### [DIRECTIONS FOR THIS TASK]
Scan the records below for the line with "0xa4506ceb ∷ 0xbef9a3f7" and the line with "sha256_init = record". Repeat those two lines and every line between them exactly, and nothing else.

(Dataset entries)
_ _ _ _ _ _ _
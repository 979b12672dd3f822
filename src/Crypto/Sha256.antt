-- ===== src/Crypto/Sha256.antt =====
-- crates/sutegi-crypto/src/lib.rs: SHA-256, whole and in pieces. A 32-bit word is a number below `2 ^ 32` and
-- its sums wrap around. The pending bytes of the hasher are the list of the first `buf_len` of `buf`.
pub mod Blocks
pub mod Streaming
pub mod Keyed
pub mod Derive
mod Examples
use sutegi.Base.{
  ℕ, zero, suc, ◌+◌, ◌-◌, ◌*◌, ◌/◌, ◌%◌, ◌^◌, min, bit_and, bit_xor, Bool, true, false, List, [],
  ◌∷◌, ◌++◌, Bytes, ltb, ◌==◌, if◌then◌else◌, length, get_or, take, drop,
}

abbrev sha256_k : List ℕ
sha256_k =
    0x428a2f98 ∷ 0x71374491 ∷ 0xb5c0fbcf ∷ 0xe9b5dba5 ∷ 0x3956c25b ∷ 0x59f111f1 ∷ 0x923f82a4
    ∷ 0xab1c5ed5 ∷ 0xd807aa98 ∷ 0x12835b01 ∷ 0x243185be ∷ 0x550c7dc3 ∷ 0x72be5d74 ∷ 0x80deb1fe
    ∷ 0x9bdc06a7 ∷ 0xc19bf174 ∷ 0xe49b69c1 ∷ 0xefbe4786 ∷ 0x0fc19dc6 ∷ 0x240ca1cc ∷ 0x2de92c6f
    ∷ 0x4a7484aa ∷ 0x5cb0a9dc ∷ 0x76f988da ∷ 0x983e5152 ∷ 0xa831c66d ∷ 0xb00327c8 ∷ 0xbf597fc7
    ∷ 0xc6e00bf3 ∷ 0xd5a79147 ∷ 0x06ca6351 ∷ 0x14292967 ∷ 0x27b70a85 ∷ 0x2e1b2138 ∷ 0x4d2c6dfc
    ∷ 0x53380d13 ∷ 0x650a7354 ∷ 0x766a0abb ∷ 0x81c2c92e ∷ 0x92722c85 ∷ 0xa2bfe8a1 ∷ 0xa81a664b
    ∷ 0xc24b8b70 ∷ 0xc76c51a3 ∷ 0xd192e819 ∷ 0xd6990624 ∷ 0xf40e3585 ∷ 0x106aa070 ∷ 0x19a4c116
    ∷ 0x1e376c08 ∷ 0x2748774c ∷ 0x34b0bcb5 ∷ 0x391c0cb3 ∷ 0x4ed8aa4a ∷ 0x5b9cca4f ∷ 0x682e6ff3
    ∷ 0x748f82ee ∷ 0x78a5636f ∷ 0x84c87814 ∷ 0x8cc70208 ∷ 0x90befffa ∷ 0xa4506ceb ∷ 0xbef9a3f7
    ∷ 0xc67178f2 ∷ []

-- The eight words of the hash, and the working variables `v`.
pub record Words : Type 0 where
  pub v0 : ℕ
  pub v1 : ℕ
  pub v2 : ℕ
  pub v3 : ℕ
  pub v4 : ℕ
  pub v5 : ℕ
  pub v6 : ℕ
  pub v7 : ℕ

abbrev pub sha256_init : Words
sha256_init = record {
  v0 = 0x6a09e667;
  v1 = 0xbb67ae85;
  v2 = 0x3c6ef372;
  v3 = 0xa54ff53a;
  v4 = 0x510e527f;
  v5 = 0x9b05688c;
  v6 = 0x1f83d9ab;
  v7 = 0x5be0cd19;
}

unfoldable pub wrapping_add : ℕ → ℕ → ℕ
wrapping_add a b = (a + b) % 2 ^ 32

unfoldable pub rotate_right : ℕ → ℕ → ℕ
rotate_right x n = x / 2 ^ n + x % 2 ^ n * 2 ^ (32 - n)

-- `!x` of a word.
abbrev bit_not : ℕ → ℕ
bit_not x = 2 ^ 32 - 1 - x

unfoldable pub from_be_bytes : ℕ → ℕ → ℕ → ℕ → ℕ
from_be_bytes a b c d = a * 2 ^ 24 + b * 2 ^ 16 + c * 2 ^ 8 + d

-- The first sixteen words of the schedule, the last first.
unfoldable pub block_words : List ℕ → Bytes → List ℕ
block_words w (a ∷ b ∷ c ∷ d ∷ block) = block_words (from_be_bytes a b c d ∷ w) block
block_words w _ = w

-- The next word, from the words before it, the last first.
unfoldable pub next_word : List ℕ → ℕ
next_word w =
    let x : ℕ = get_or w 14 0 in
    let y : ℕ = get_or w 1 0 in
    let s0 : ℕ = bit_xor (bit_xor (rotate_right x 7) (rotate_right x 18)) (x / 2 ^ 3) in
    let s1 : ℕ = bit_xor (bit_xor (rotate_right y 17) (rotate_right y 19)) (y / 2 ^ 10) in
    wrapping_add (wrapping_add (wrapping_add (get_or w 15 0) s0) (get_or w 6 0)) s1

unfoldable pub extend_words : ℕ → List ℕ → List ℕ
extend_words zero w = w
extend_words (suc n) w = extend_words n (next_word w ∷ w)

unfoldable pub round : ℕ → ℕ → Words → Words
round k w v =
    let s1 : ℕ =
      bit_xor (bit_xor (rotate_right v.v4 6) (rotate_right v.v4 11)) (rotate_right v.v4 25) in
    let ch : ℕ = bit_xor (bit_and v.v4 v.v5) (bit_and (bit_not v.v4) v.v6) in
    let t1 : ℕ = wrapping_add (wrapping_add (wrapping_add (wrapping_add v.v7 s1) ch) k) w in
    let s0 : ℕ =
      bit_xor (bit_xor (rotate_right v.v0 2) (rotate_right v.v0 13)) (rotate_right v.v0 22) in
    let maj : ℕ = bit_xor (bit_xor (bit_and v.v0 v.v1) (bit_and v.v0 v.v2)) (bit_and v.v1 v.v2) in
    let t2 : ℕ = wrapping_add s0 maj in
    record {
      v0 = wrapping_add t1 t2;
      v1 = v.v0;
      v2 = v.v1;
      v3 = v.v2;
      v4 = wrapping_add v.v3 t1;
      v5 = v.v4;
      v6 = v.v5;
      v7 = v.v6;
    }

unfoldable pub rounds : List ℕ → List ℕ → Words → Words
rounds (k ∷ ks) (w ∷ ws) v = rounds ks ws (round k w v)
rounds _ _ v = v

unfoldable pub backwards : List ℕ → List ℕ → List ℕ
backwards [] ys = ys
backwards (x ∷ xs) ys = backwards xs (x ∷ ys)

unfoldable pub sha256_compress : Words → Bytes → Words
sha256_compress h block =
    let v : Words = rounds sha256_k (backwards (extend_words 48 (block_words [] block)) []) h in
    record {
      v0 = wrapping_add h.v0 v.v0;
      v1 = wrapping_add h.v1 v.v1;
      v2 = wrapping_add h.v2 v.v2;
      v3 = wrapping_add h.v3 v.v3;
      v4 = wrapping_add h.v4 v.v4;
      v5 = wrapping_add h.v5 v.v5;
      v6 = wrapping_add h.v6 v.v6;
      v7 = wrapping_add h.v7 v.v7;
    }

pub record Sha256 : Type 0 where
  pub h : Words
  pub buf : Bytes
  pub total_len : ℕ

abbrev pub new : Sha256
new = record { h = sha256_init; buf = []; total_len = 0 }

-- The whole blocks of `chunks_exact(64)`, and the rest. Each round takes a unit of fuel.
unfoldable pub whole_blocks : ℕ → Words → Bytes → Words × Bytes
whole_blocks zero h input = (h, input)
whole_blocks (suc fuel) h input =
    let more = whole_blocks fuel (sha256_compress h (take 64 input)) (drop 64 input) in
    if ltb (length input) 64 then (h, input) else more

unfoldable pub absorb : Words → Bytes → ℕ → Sha256
absorb h input total =
    let (h', rest) = whole_blocks (length input) h input in
    record { h = h'; buf = rest; total_len = total }

unfoldable pub update : Bytes → Sha256 → Sha256
update input s =
    let total : ℕ = (s.total_len + length input) % 2 ^ 64 in
    let n : ℕ = min (64 - length s.buf) (length input) in
    let filled : Bytes = s.buf ++ take n input in
    if ltb 0 (length s.buf)
    then (if ltb (length filled) 64
        then record { h = s.h; buf = filled; total_len = total }
        else absorb (sha256_compress s.h filled) (drop n input) total)
    else absorb s.h input total

-- The bytes of a number of `n` bytes, the highest first.
unfoldable pub to_be_bytes : ℕ → ℕ → Bytes
to_be_bytes zero x = []
to_be_bytes (suc n) x = x / 2 ^ (8 * n) % 2 ^ 8 ∷ to_be_bytes n x

-- `while self.buf_len != 56`, which needs no more than 64 rounds.
unfoldable pub pad_loop : ℕ → Sha256 → Sha256
pad_loop zero s = s
pad_loop (suc fuel) s =
    let more = pad_loop fuel (update (0 ∷ []) s) in if length s.buf == 56 then s else more

unfoldable pub word_bytes : Words → Bytes
word_bytes h =
    to_be_bytes 4 h.v0
    ++ to_be_bytes 4 h.v1
    ++ to_be_bytes 4 h.v2
    ++ to_be_bytes 4 h.v3
    ++ to_be_bytes 4 h.v4
    ++ to_be_bytes 4 h.v5
    ++ to_be_bytes 4 h.v6
    ++ to_be_bytes 4 h.v7

unfoldable pub finalize : Sha256 → Bytes
finalize s =
    let bit_len : ℕ = s.total_len * 8 % 2 ^ 64 in
    word_bytes ((update (to_be_bytes 8 bit_len) (pad_loop 64 (update (0x80 ∷ []) s))).h)

unfoldable pub sha256 : Bytes → Bytes
sha256 input = finalize (update input new)
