-- ===== src/Crypto/Legacy.antt =====
-- crates/sutegi-crypto/src/lib.rs: SHA-1 and MD5, each over the whole padded message.
use sutegi.Base.{
  ℕ, zero, suc, ◌+◌, ◌-◌, ◌*◌, ◌/◌, ◌%◌, ◌^◌, bit_and, bit_or, bit_xor, List, [], ◌∷◌, ◌++◌, Bytes,
  ltb, ◌==◌, if◌then◌else◌, length, get_or, take, drop,
}
use sutegi.Crypto.Sha256.{wrapping_add, from_be_bytes, to_be_bytes}

abbrev md5_s : List ℕ
md5_s =
    7 ∷ 12 ∷ 17 ∷ 22 ∷ 7 ∷ 12 ∷ 17 ∷ 22 ∷ 7 ∷ 12 ∷ 17 ∷ 22 ∷ 7 ∷ 12 ∷ 17 ∷ 22 ∷ 5 ∷ 9 ∷ 14 ∷ 20 ∷ 5
    ∷ 9 ∷ 14 ∷ 20 ∷ 5 ∷ 9 ∷ 14 ∷ 20 ∷ 5 ∷ 9 ∷ 14 ∷ 20 ∷ 4 ∷ 11 ∷ 16 ∷ 23 ∷ 4 ∷ 11 ∷ 16 ∷ 23 ∷ 4 ∷ 11
    ∷ 16 ∷ 23 ∷ 4 ∷ 11 ∷ 16 ∷ 23 ∷ 6 ∷ 10 ∷ 15 ∷ 21 ∷ 6 ∷ 10 ∷ 15 ∷ 21 ∷ 6 ∷ 10 ∷ 15 ∷ 21 ∷ 6 ∷ 10
    ∷ 15 ∷ 21 ∷ []

abbrev md5_k : List ℕ
md5_k =
    0xd76aa478 ∷ 0xe8c7b756 ∷ 0x242070db ∷ 0xc1bdceee ∷ 0xf57c0faf ∷ 0x4787c62a ∷ 0xa8304613
    ∷ 0xfd469501 ∷ 0x698098d8 ∷ 0x8b44f7af ∷ 0xffff5bb1 ∷ 0x895cd7be ∷ 0x6b901122 ∷ 0xfd987193
    ∷ 0xa679438e ∷ 0x49b40821 ∷ 0xf61e2562 ∷ 0xc040b340 ∷ 0x265e5a51 ∷ 0xe9b6c7aa ∷ 0xd62f105d
    ∷ 0x02441453 ∷ 0xd8a1e681 ∷ 0xe7d3fbc8 ∷ 0x21e1cde6 ∷ 0xc33707d6 ∷ 0xf4d50d87 ∷ 0x455a14ed
    ∷ 0xa9e3e905 ∷ 0xfcefa3f8 ∷ 0x676f02d9 ∷ 0x8d2a4c8a ∷ 0xfffa3942 ∷ 0x8771f681 ∷ 0x6d9d6122
    ∷ 0xfde5380c ∷ 0xa4beea44 ∷ 0x4bdecfa9 ∷ 0xf6bb4b60 ∷ 0xbebfbc70 ∷ 0x289b7ec6 ∷ 0xeaa127fa
    ∷ 0xd4ef3085 ∷ 0x04881d05 ∷ 0xd9d4d039 ∷ 0xe6db99e5 ∷ 0x1fa27cf8 ∷ 0xc4ac5665 ∷ 0xf4292244
    ∷ 0x432aff97 ∷ 0xab9423a7 ∷ 0xfc93a039 ∷ 0x655b59c3 ∷ 0x8f0ccc92 ∷ 0xffeff47d ∷ 0x85845dd1
    ∷ 0x6fa87e4f ∷ 0xfe2ce6e0 ∷ 0xa3014314 ∷ 0x4e0811a1 ∷ 0xf7537e82 ∷ 0xbd3af235 ∷ 0x2ad7d2bb
    ∷ 0xeb86d391 ∷ []

unfoldable pub rotate_left : ℕ → ℕ → ℕ
rotate_left x n = x % 2 ^ (32 - n) * 2 ^ n + x / 2 ^ (32 - n)

-- `!x` of a word.
abbrev complement : ℕ → ℕ
complement x = 2 ^ 32 - 1 - x

-- The bytes of a number of `n` bytes, the lowest first.
unfoldable pub to_le_bytes : ℕ → ℕ → Bytes
to_le_bytes zero x = []
to_le_bytes (suc n) x = x % 2 ^ 8 ∷ to_le_bytes n (x / 2 ^ 8)

-- `while msg.len() % 64 != 56`, on `len` bytes so far.
unfoldable pub pad_zeros : ℕ → ℕ → Bytes
pad_zeros zero len = []
pad_zeros (suc fuel) len =
    let more = 0 ∷ pad_zeros fuel (len + 1) in if len % 64 == 56 then [] else more

abbrev bit_len : Bytes → ℕ
bit_len input = length input * 8 % 2 ^ 64

unfoldable pub padded_with : (ℕ → Bytes) → Bytes → Bytes
padded_with bytes input = input ++ 0x80 ∷ (pad_zeros 64 (length input + 1) ++ bytes (bit_len input))

-- The sixteen words of a block, by `word` from its four bytes.
unfoldable pub words_of : (ℕ → ℕ → ℕ → ℕ → ℕ) → Bytes → List ℕ
words_of word (a ∷ b ∷ c ∷ d ∷ block) = word a b c d ∷ words_of word block
words_of word _ = []

-- `chunks_exact(64)`, where the message has no more blocks than bytes.
unfoldable pub over_blocks {ℓ} : {H : Type ℓ} → ℕ → (Bytes → H → H) → Bytes → H → H
over_blocks zero block msg h = h
over_blocks (suc fuel) block msg h =
    let more = over_blocks fuel block (drop 64 msg) (block (take 64 msg) h) in
    if ltb (length msg) 64 then h else more

pub record Md5 : Type 0 where
  pub a : ℕ
  pub b : ℕ
  pub c : ℕ
  pub d : ℕ

unfoldable pub md5_round : List ℕ → ℕ → Md5 → Md5
md5_round m i v =
    let mixed : ℕ × ℕ =
      if ltb i 16
      then (bit_or (bit_and v.b v.c) (bit_and (complement v.b) v.d), i)
      else if ltb i 32
      then (bit_or (bit_and v.d v.b) (bit_and (complement v.d) v.c), (5 * i + 1) % 16)
      else if ltb i 48
      then (bit_xor (bit_xor v.b v.c) v.d, (3 * i + 5) % 16)
      else (bit_xor v.c (bit_or v.b (complement v.d)), 7 * i % 16) in
    let f : ℕ =
      wrapping_add (wrapping_add (wrapping_add mixed.0 v.a) (get_or md5_k i 0))
        (get_or m mixed.1 0) in
    record { a = v.d; d = v.c; c = v.b; b = wrapping_add v.b (rotate_left f (get_or md5_s i 0)) }

unfoldable pub md5_rounds : ℕ → ℕ → List ℕ → Md5 → Md5
md5_rounds zero i m v = v
md5_rounds (suc n) i m v = md5_rounds n (i + 1) m (md5_round m i v)

unfoldable pub md5_block : Bytes → Md5 → Md5
md5_block block h =
    let v : Md5 = md5_rounds 64 0 (words_of (λ p q r s. from_be_bytes s r q p) block) h in
    record {
      a = wrapping_add h.a v.a;
      b = wrapping_add h.b v.b;
      c = wrapping_add h.c v.c;
      d = wrapping_add h.d v.d;
    }

unfoldable pub md5 : Bytes → Bytes
md5 input =
    let msg : Bytes = padded_with (to_le_bytes 8) input in
    let start : Md5 = record { a = 0x67452301; b = 0xefcdab89; c = 0x98badcfe; d = 0x10325476 } in
    let h : Md5 = over_blocks (length msg) md5_block msg start in
    to_le_bytes 4 h.a ++ to_le_bytes 4 h.b ++ to_le_bytes 4 h.c ++ to_le_bytes 4 h.d

pub record Sha1 : Type 0 where
  pub a : ℕ
  pub b : ℕ
  pub c : ℕ
  pub d : ℕ
  pub e : ℕ

unfoldable pub sha1_round : ℕ → ℕ → Sha1 → Sha1
sha1_round i wi v =
    let choice : ℕ × ℕ =
      if ltb i 20
      then (bit_or (bit_and v.b v.c) (bit_and (complement v.b) v.d), 0x5a827999)
      else if ltb i 40
      then (bit_xor (bit_xor v.b v.c) v.d, 0x6ed9eba1)
      else if ltb i 60
      then (bit_or (bit_or (bit_and v.b v.c) (bit_and v.b v.d)) (bit_and v.c v.d), 0x8f1bbcdc)
      else (bit_xor (bit_xor v.b v.c) v.d, 0xca62c1d6) in
    let t : ℕ =
      wrapping_add
        (wrapping_add (wrapping_add (wrapping_add (rotate_left v.a 5) choice.0) v.e) choice.1) wi in
    record { e = v.d; d = v.c; c = rotate_left v.b 30; b = v.a; a = t }

-- `w` holds sixteen words of the schedule, the one of this round first.
unfoldable pub sha1_rounds : ℕ → ℕ → List ℕ → Sha1 → Sha1
sha1_rounds zero i w v = v
sha1_rounds (suc n) i w v =
    let next : ℕ =
      rotate_left
        (bit_xor (bit_xor (bit_xor (get_or w 13 0) (get_or w 8 0)) (get_or w 2 0)) (get_or w 0 0))
        1 in
    sha1_rounds n (i + 1) (drop 1 w ++ next ∷ []) (sha1_round i (get_or w 0 0) v)

unfoldable pub sha1_block : Bytes → Sha1 → Sha1
sha1_block block h =
    let v : Sha1 = sha1_rounds 80 0 (words_of from_be_bytes block) h in
    record {
      a = wrapping_add h.a v.a;
      b = wrapping_add h.b v.b;
      c = wrapping_add h.c v.c;
      d = wrapping_add h.d v.d;
      e = wrapping_add h.e v.e;
    }

unfoldable pub sha1 : Bytes → Bytes
sha1 input =
    let msg : Bytes = padded_with (to_be_bytes 8) input in
    let start : Sha1 = record {
      a = 0x67452301;
      b = 0xefcdab89;
      c = 0x98badcfe;
      d = 0x10325476;
      e = 0xc3d2e1f0;
    } in
    let h : Sha1 = over_blocks (length msg) sha1_block msg start in
    to_be_bytes 4 h.a
    ++ to_be_bytes 4 h.b
    ++ to_be_bytes 4 h.c
    ++ to_be_bytes 4 h.d
    ++ to_be_bytes 4 h.e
_ _ _ _ _ _ _
### [OUTPUT FOR THIS EXERCISE]
    ∷ 0x748f82ee ∷ 0x78a5636f ∷ 0x84c87814 ∷ 0x8cc70208 ∷ 0x90befffa ∷ 0xa4506ceb ∷ 0xbef9a3f7
    ∷ 0xc67178f2 ∷ []

-- The eight words of the hash, and the working variables `v`.
pub record Words : Type 0 where
  pub v0 : ℕ
  pub v1 : ℕ
  pub v2 : ℕ
  pub v3 : ℕ
  pub v4 : ℕ
  pub v5 : ℕ
  pub v6 : ℕ
  pub v7 : ℕ

abbrev pub sha256_init : Words
sha256_init = record {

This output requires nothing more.